◆ What is being asked: Lines with the string "unfolding" are to be identified in the listing and copied.

◆ Source data:

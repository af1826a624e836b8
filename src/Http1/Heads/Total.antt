-- ===== src/Http1/Heads/Total.antt =====
-- The fuel of the loop of `_read_head_lines`.
use decrypt0r_x.Prelude.{
  ℕ, zero, suc, ◌<◌, ◌≡◌, ◌≢◌, ap, subst, Bool, List, [], ◌∷◌, ◌++◌, Option, length, length-append,
  arith, ltb, ◌&&◌, ◌+◌, true, false, not, if◌then◌else◌, some, none,
}
use decrypt0r_x.Prelude.Int.{ℤ}
use decrypt0r_x.Text.Number.{py_int}
use decrypt0r_x.Text.{
  is_space, Text, rstrip_crlf, starts_with, codes, strip, partition, strip_by, is_byte_space,
}
use decrypt0r_x.Result.{ok, err, protocol_error, out_of_fuel, ◌>>=◌}
use decrypt0r_x.Http1.Stream.{Reader, readline}
use decrypt0r_x.Http1.Stream.Laws.{readline_split}
use decrypt0r_x.Http1.Pump.{blank_line}
use decrypt0r_x.Http1.Pump.Total.{Fueled, Fueled-bind, readline-Fueled}
use decrypt0r_x.Http1.Heads.{
  Round, finished, again, is_empty, add_line, line_round, end_round, head_round, head_lines,
  read_head_lines, parse_line, parse_headers, request_of, request_parts, parse_request,
  read_request_head, split_most, is_folded, add_item, fold_last, status_of, response_of,
  response_parts, parse_response, read_response_head,
}

add_line-Fueled : (lines : List Text) (total : ℕ) → Fueled (add_line lines total)
add_line-Fueled lines total = go (ltb 200 (length lines))
  where
    go : (b : Bool) → Fueled {A = Round} (if b then err protocol_error else ok (again lines total))
    go true = tt
    go false = tt

line_round-Fueled :
    (lines : List Text) (total : ℕ) (line : Text) → Fueled (line_round lines total line)
line_round-Fueled lines total line =
    go (ltb 65536 total) (blank_line line)
      (is_empty lines && is_empty (strip_by is_byte_space line))
  where
    go :
        (b c d : Bool)
        → Fueled {A = Round} (
            if b
            then err protocol_error
            else if c
            then ok (finished lines)
            else if d
            then ok (again lines total)
            else add_line (lines ++ line ∷ []) total)
    go true c d = tt
    go false true d = tt
    go false false true = tt
    go false false false = add_line-Fueled (lines ++ line ∷ []) total

head_round-Fueled :
    (lines : List Text) (total : ℕ) (line : Text) → Fueled (head_round lines total line)
unfolding head_round
head_round-Fueled [] total [] = tt
head_round-Fueled (l ∷ lines) total [] = tt
head_round-Fueled lines total (c ∷ more) =
    line_round-Fueled lines (total + length (c ∷ more)) (c ∷ more)

head_lines-Fueled :
    (fuel : ℕ) (lines : List Text) (total : ℕ) (r : Reader)
    → length r.rest < fuel
    → Fueled (head_lines fuel lines total r)
unfolding head_lines
head_lines-Fueled zero lines total r h = absurd (omega arith)
head_lines-Fueled (suc fuel) lines total r h =
    Fueled-bind (readline r) _ (readline-Fueled r)
      (λ (p : Text × Reader) e. go p.0 p.1 (readline_split r p.0 p.1 e) (head_lines-Fueled fuel))
  where
    go :
        (line : Text) (reader : Reader)
        → r.rest ≡ line ++ reader.rest
        → ((ls : List Text) (n : ℕ) (t : Reader)
            → length t.rest < fuel
            → Fueled (head_lines fuel ls n t))
        → Fueled {A = List Text × Reader} (
            head_round lines total line >>= λ round. elim round [
              | finished ls ↦ ok (ls, reader)
              | again ls n ↦ head_lines fuel ls n reader
            ])
    go line reader split ih =
        Fueled-bind (head_round lines total line) _ (head_round-Fueled lines total line)
          (λ round e. after line round split e)
      where
        after :
            (l : Text) (round : Round)
            → r.rest ≡ l ++ reader.rest
            → head_round lines total l ≡ ok round
            → Fueled {A = List Text × Reader} (elim round [
              | finished ls ↦ ok (ls, reader)
              | again ls n ↦ head_lines fuel ls n reader
            ])
        after l (finished ls) s e = tt
        after [] (again ls n) s e = absurd (ended lines (unfold head_round in e))
          where
            ended : (ms : List Text) → end_round ms ≡ ok (again ls n) → ⊥
            ended [] q = cc
            ended (m ∷ ms) q = cc
        after (c ∷ more) (again ls n) s e =
            ih ls n reader (omega (arith, ap length s, length-append (c ∷ more) reader.rest))

add_item-Fueled :
    (o : Option (Text × Text)) (items : List (Text × Text)) → Fueled (add_item o items)
add_item-Fueled none items = tt
add_item-Fueled (some (name, value)) items = tt

parse_line-Fueled : (line : Text) (items : List (Text × Text)) → Fueled (parse_line line items)
parse_line-Fueled line items = go (is_folded line && not (is_empty items))
  where
    go :
        (b : Bool)
        → Fueled
            (if b then ok (fold_last (strip line) items) else add_item (partition 58 line) items)
    go true = tt
    go false = add_item-Fueled (partition 58 line) items

parse_headers-Fueled :
    (lines : List Text) (items : List (Text × Text)) → Fueled (parse_headers lines items)
unfolding parse_headers
parse_headers-Fueled [] items = tt
parse_headers-Fueled (raw ∷ lines) items =
    Fueled-bind (parse_line (rstrip_crlf raw) items) _ (parse_line-Fueled (rstrip_crlf raw) items)
      (λ items' e. parse_headers-Fueled lines items')

request_parts-Fueled : (parts lines : List Text) → Fueled (request_parts parts lines)
request_parts-Fueled [] lines = tt
request_parts-Fueled (m ∷ []) lines = tt
request_parts-Fueled (m ∷ t ∷ []) lines = tt
request_parts-Fueled (m ∷ t ∷ v ∷ []) lines = go (starts_with (codes "HTTP/") v)
  where
    go : (b : Bool) → Fueled (if b then request_of m t v lines else err protocol_error)
    go true = Fueled-bind (parse_headers lines []) _ (parse_headers-Fueled lines []) (λ items e. tt)
    go false = tt
request_parts-Fueled (m ∷ t ∷ v ∷ w ∷ parts) lines = tt

parse_request-Fueled : (lines : List Text) → Fueled (parse_request lines)
unfolding parse_request
parse_request-Fueled [] = tt
parse_request-Fueled (first ∷ lines) = request_parts-Fueled (split_most 2 (rstrip_crlf first)) lines

pub read_request_head-Fueled : (r : Reader) → Fueled (read_request_head r)
unfolding read_request_head read_head_lines
read_request_head-Fueled r =
    Fueled-bind (read_head_lines r) _ (head_lines-Fueled (suc (length r.rest)) [] 0 r (omega arith))
      (λ p e. Fueled-bind (parse_request p.0) _ (parse_request-Fueled p.0) (λ head e'. tt))

-- Reading a request head always ends, with a head, with the end of the stream or with an error of the
-- code: the fuel, one more than the bytes that are left, never runs out.
pub read_request_head-ne-out_of_fuel : (r : Reader) → read_request_head r ≢ err out_of_fuel
read_request_head-ne-out_of_fuel r h = subst Fueled h (read_request_head-Fueled r)

status_of-Fueled : (o : Option ℤ) → Fueled (status_of o)
status_of-Fueled none = tt
status_of-Fueled (some n) = tt

response_of-Fueled :
    (version status reason : Text) (lines : List Text)
    → Fueled (response_of version status reason lines)
response_of-Fueled version status reason lines =
    Fueled-bind (status_of (py_int 10 is_space status)) _
      (status_of-Fueled (py_int 10 is_space status))
      (λ code e.
        Fueled-bind (parse_headers lines []) _ (parse_headers-Fueled lines []) (λ i e'. tt))

response_parts-Fueled : (parts lines : List Text) → Fueled (response_parts parts lines)
response_parts-Fueled [] lines = tt
response_parts-Fueled (v ∷ []) lines = tt
response_parts-Fueled (v ∷ s ∷ []) lines = response_of-Fueled v s [] lines
response_parts-Fueled (v ∷ s ∷ r ∷ parts) lines = response_of-Fueled v s r lines

parse_response-Fueled : (lines : List Text) → Fueled (parse_response lines)
unfolding parse_response
parse_response-Fueled [] = tt
parse_response-Fueled (first ∷ lines) =
    response_parts-Fueled (split_most 2 (rstrip_crlf first)) lines

pub read_response_head-Fueled : (r : Reader) → Fueled (read_response_head r)
unfolding read_response_head read_head_lines
read_response_head-Fueled r =
    Fueled-bind (read_head_lines r) _ (head_lines-Fueled (suc (length r.rest)) [] 0 r (omega arith))
      (λ p e. Fueled-bind (parse_response p.0) _ (parse_response-Fueled p.0) (λ head e'. tt))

◆ Your solution:
unfolding head_round
unfolding head_lines
unfolding parse_headers
unfolding parse_request
unfolding read_request_head read_head_lines
unfolding parse_response
unfolding read_response_head read_head_lines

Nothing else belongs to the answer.